GIVEN RECORDS below:

-- ===== src/Sync/Bookmarks/RoundTrip.antt =====
-- The bookmarks of a file, written into the tree of src-tauri/src/sync/sync_doc.rs and read back.
use bushido.Prelude.{
  ◌≡◌, refl, sym, ◌∙◌, subst, ap, true, List, [], ◌∷◌, ◌++◌, Bytes, Option, none, some, Result, ok,
  err, inl, inr, Bool-cases, All, All-map, append_assoc, append-nil, arith,
}
use bushido.Prelude.Io.{Io, after}
use bushido.Sync.Contents.{LoroMaps}
use bushido.Sync.Bookmarks.{
  LoroTree, Bookmark, BookmarkFolder, BookmarkData, add_node, folder_fields, bookmark_fields,
  write_folders, write_bookmarks, write_full, delete_nodes, read_node, read_nodes, read_bookmarks,
}
use bushido.Sync.Bookmarks.Nodes.{
  with_fields, empty_meta, TreeLaws, join, add_node-read, has_node, without,
}

module _ (loro : LoroMaps) (tree : LoroTree loro) where
  open tree use {F64, TreeId, same, children, delete_node}

  abbrev pub nothing : BookmarkData F64
  nothing = record { bookmarks = []; folders = [] }

  read_folder-fields :
      (f : BookmarkFolder F64)
      → read_node loro tree (with_fields (folder_fields f) empty_meta) nothing
        ≡ record { bookmarks = []; folders = f ∷ [] }
  read_folder-fields f = refl

  read_bookmark-of :
      (id url title : Bytes) (favicon : Option Bytes) (folder_id : Bytes) (created_at : F64)
      → let b : Bookmark F64 = record {
        id = id;
        url = url;
        title = title;
        favicon = favicon;
        folder_id = folder_id;
        created_at = created_at;
      } in
        read_node loro tree (with_fields (bookmark_fields b) empty_meta) nothing
        ≡ record { bookmarks = b ∷ []; folders = [] }
  read_bookmark-of id url title none folder_id created_at = refl
  read_bookmark-of id url title (some fav) folder_id created_at = refl

  read_bookmark-fields :
      (b : Bookmark F64)
      → read_node loro tree (with_fields (bookmark_fields b) empty_meta) nothing
        ≡ record { bookmarks = b ∷ []; folders = [] }
  read_bookmark-fields b = read_bookmark-of b.id b.url b.title b.favicon b.folder_id b.created_at

  -- A change of the tree that succeeds and leaves a document of which certain data are read.
  abbrev pub Reads : BookmarkData F64 → Result (Unit {0}) × loro.Doc → Type 0
  Reads a r = (r.0 ≡ ok tt) × (read_bookmarks loro tree r.1 ≡ ok a)

  after-Reads :
      (a c : BookmarkData F64) (f : Unit {0} → Io loro.Doc (Unit {0}))
      (r : Result (Unit {0}) × loro.Doc)
      → Reads a r
      → ((d : loro.Doc) → read_bookmarks loro tree d ≡ ok a → Reads c (f tt d))
      → Reads c (after f r)
  after-Reads a c f (ok u, d) h k = k d h.1
  after-Reads a c f (err e, d) h k = cc

  module _ (laws : TreeLaws loro tree) where
    add_folder-Reads :
        (f : BookmarkFolder F64) (d : loro.Doc) (a : BookmarkData F64)
        → read_bookmarks loro tree d ≡ ok a
        → Reads
            (record a { folders = a.folders ++ (f ∷ []) })
            (add_node loro tree (folder_fields f) d)
    add_folder-Reads f d a h =
        let (done, read) = add_node-read loro tree laws (folder_fields f) d a h in
        (
          done,
          read
              ∙ (ap (λ b. ok (join loro tree a b)) (read_folder-fields f)
                  ∙ ap (λ bs. ok (record { bookmarks = bs; folders = a.folders ++ (f ∷ []) }))
                      (append-nil a.bookmarks)),
        )

    add_bookmark-Reads :
        (b : Bookmark F64) (d : loro.Doc) (a : BookmarkData F64)
        → read_bookmarks loro tree d ≡ ok a
        → Reads
            (record a { bookmarks = a.bookmarks ++ (b ∷ []) })
            (add_node loro tree (bookmark_fields b) d)
    add_bookmark-Reads b d a h =
        let (done, read) = add_node-read loro tree laws (bookmark_fields b) d a h in
        (
          done,
          read
              ∙ (ap (λ c. ok (join loro tree a c)) (read_bookmark-fields b)
                  ∙ ap (λ fs. ok (record { bookmarks = a.bookmarks ++ (b ∷ []); folders = fs }))
                      (append-nil a.folders)),
        )

    write_folders-Reads :
        (fs : List (BookmarkFolder F64)) (d : loro.Doc) (a : BookmarkData F64)
        → read_bookmarks loro tree d ≡ ok a
        → Reads (record a { folders = a.folders ++ fs }) (write_folders loro tree fs d)
    write_folders-Reads [] d a h =
        (refl, h ∙ ap (λ fs. ok (record a { folders = fs })) (sym (append-nil a.folders)))
    write_folders-Reads (f ∷ fs) d a h =
        after-Reads (record a { folders = a.folders ++ (f ∷ []) })
          (record a { folders = a.folders ++ (f ∷ fs) }) (λ u. write_folders loro tree fs)
          (add_node loro tree (folder_fields f) d) (add_folder-Reads f d a h)
          (λ e r.
            subst (λ gs. Reads (record a { folders = gs }) (write_folders loro tree fs e))
              (append_assoc a.folders (f ∷ []) fs)
              (write_folders-Reads fs e (record a { folders = a.folders ++ (f ∷ []) }) r))

    write_bookmarks-Reads :
        (bs : List (Bookmark F64)) (d : loro.Doc) (a : BookmarkData F64)
        → read_bookmarks loro tree d ≡ ok a
        → Reads (record a { bookmarks = a.bookmarks ++ bs }) (write_bookmarks loro tree bs d)
    write_bookmarks-Reads [] d a h =
        (refl, h ∙ ap (λ bs. ok (record a { bookmarks = bs })) (sym (append-nil a.bookmarks)))
    write_bookmarks-Reads (b ∷ bs) d a h =
        after-Reads (record a { bookmarks = a.bookmarks ++ (b ∷ []) })
          (record a { bookmarks = a.bookmarks ++ (b ∷ bs) }) (λ u. write_bookmarks loro tree bs)
          (add_node loro tree (bookmark_fields b) d) (add_bookmark-Reads b d a h)
          (λ e r.
            subst (λ cs. Reads (record a { bookmarks = cs }) (write_bookmarks loro tree bs e))
              (append_assoc a.bookmarks (b ∷ []) bs)
              (write_bookmarks-Reads bs e (record a { bookmarks = a.bookmarks ++ (b ∷ []) }) r))

    -- Deleting every node that was there leaves none.
    abbrev without_all : List TreeId → List TreeId → List TreeId
    without_all [] ms = ms
    without_all (n ∷ ns) ms = without_all ns (without loro tree n ms)

    children-delete_nodes :
        (ns : List TreeId) (d : loro.Doc)
        → children (delete_nodes loro tree ns d) ≡ without_all ns (children d)
    children-delete_nodes [] d = refl
    children-delete_nodes (n ∷ ns) d =
        children-delete_nodes ns (delete_node n d).1
        ∙ ap (without_all ns) (laws.children-delete n d)

    abbrev pub AllIn : List TreeId → TreeId → Type 0
    AllIn ns m = has_node loro tree m ns ≡ true

    without-AllIn :
        (n : TreeId) (ns ms : List TreeId)
        → All (AllIn (n ∷ ns)) ms
        → All (AllIn ns) (without loro tree n ms)
    without-AllIn n ns [] h = tt
    without-AllIn n ns (m ∷ ms) h = elim (Bool-cases (same n m)) [
      | inl own ↦ rw own (without-AllIn n ns ms h.1)
      | inr foreign ↦ rw foreign (
        ground (arith, foreign, laws.same_iff n m, laws.same_iff m n, h.0),
        without-AllIn n ns ms h.1,
      )
    ]

    without_all-nothing : (ns ms : List TreeId) → All (AllIn ns) ms → without_all ns ms ≡ []
    without_all-nothing [] [] h = refl
    without_all-nothing [] (m ∷ ms) h = cc
    without_all-nothing (n ∷ ns) ms h =
        without_all-nothing ns (without loro tree n ms) (without-AllIn n ns ms h)

    pub AllIn-self : (ns : List TreeId) → All (AllIn ns) ns
    AllIn-self [] = tt
    AllIn-self (n ∷ ns) = (
      ground (arith, (laws.same_iff n n).1 refl),
      All-map ns (λ m h. ground (arith, h)) (AllIn-self ns),
    )

    -- Writing the bookmarks and folders of a file succeeds, and what is then read of the document are
    -- these bookmarks and folders in their order, whatever the document held before.
    pub write_full-read_bookmarks :
        (given : BookmarkData F64) (d : loro.Doc)
        → ((write_full loro tree given d).0 ≡ ok tt)
          × (read_bookmarks loro tree (write_full loro tree given d).1 ≡ ok given)
    unfolding write_full
    write_full-read_bookmarks given d =
        after-Reads (record { bookmarks = []; folders = given.folders }) given
          (λ u. write_bookmarks loro tree given.bookmarks)
          (write_folders loro tree given.folders cleared)
          (write_folders-Reads given.folders cleared nothing (
            ap (λ ns. read_nodes loro tree ns cleared)
              (children-delete_nodes (children d) d
                ∙ without_all-nothing (children d) (children d) (AllIn-self (children d)))))
          (λ e r.
            write_bookmarks-Reads given.bookmarks e
              (record { bookmarks = []; folders = given.folders }) r)
      where
        cleared : loro.Doc
        cleared = delete_nodes loro tree (children d) d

End of GIVEN RECORDS.

Find and copy each line above holding "Bool".

(EXERCISE ANSWER)
  err, inl, inr, Bool-cases, All, All-map, append_assoc, append-nil, arith,
    without-AllIn n ns (m ∷ ms) h = elim (Bool-cases (same n m)) [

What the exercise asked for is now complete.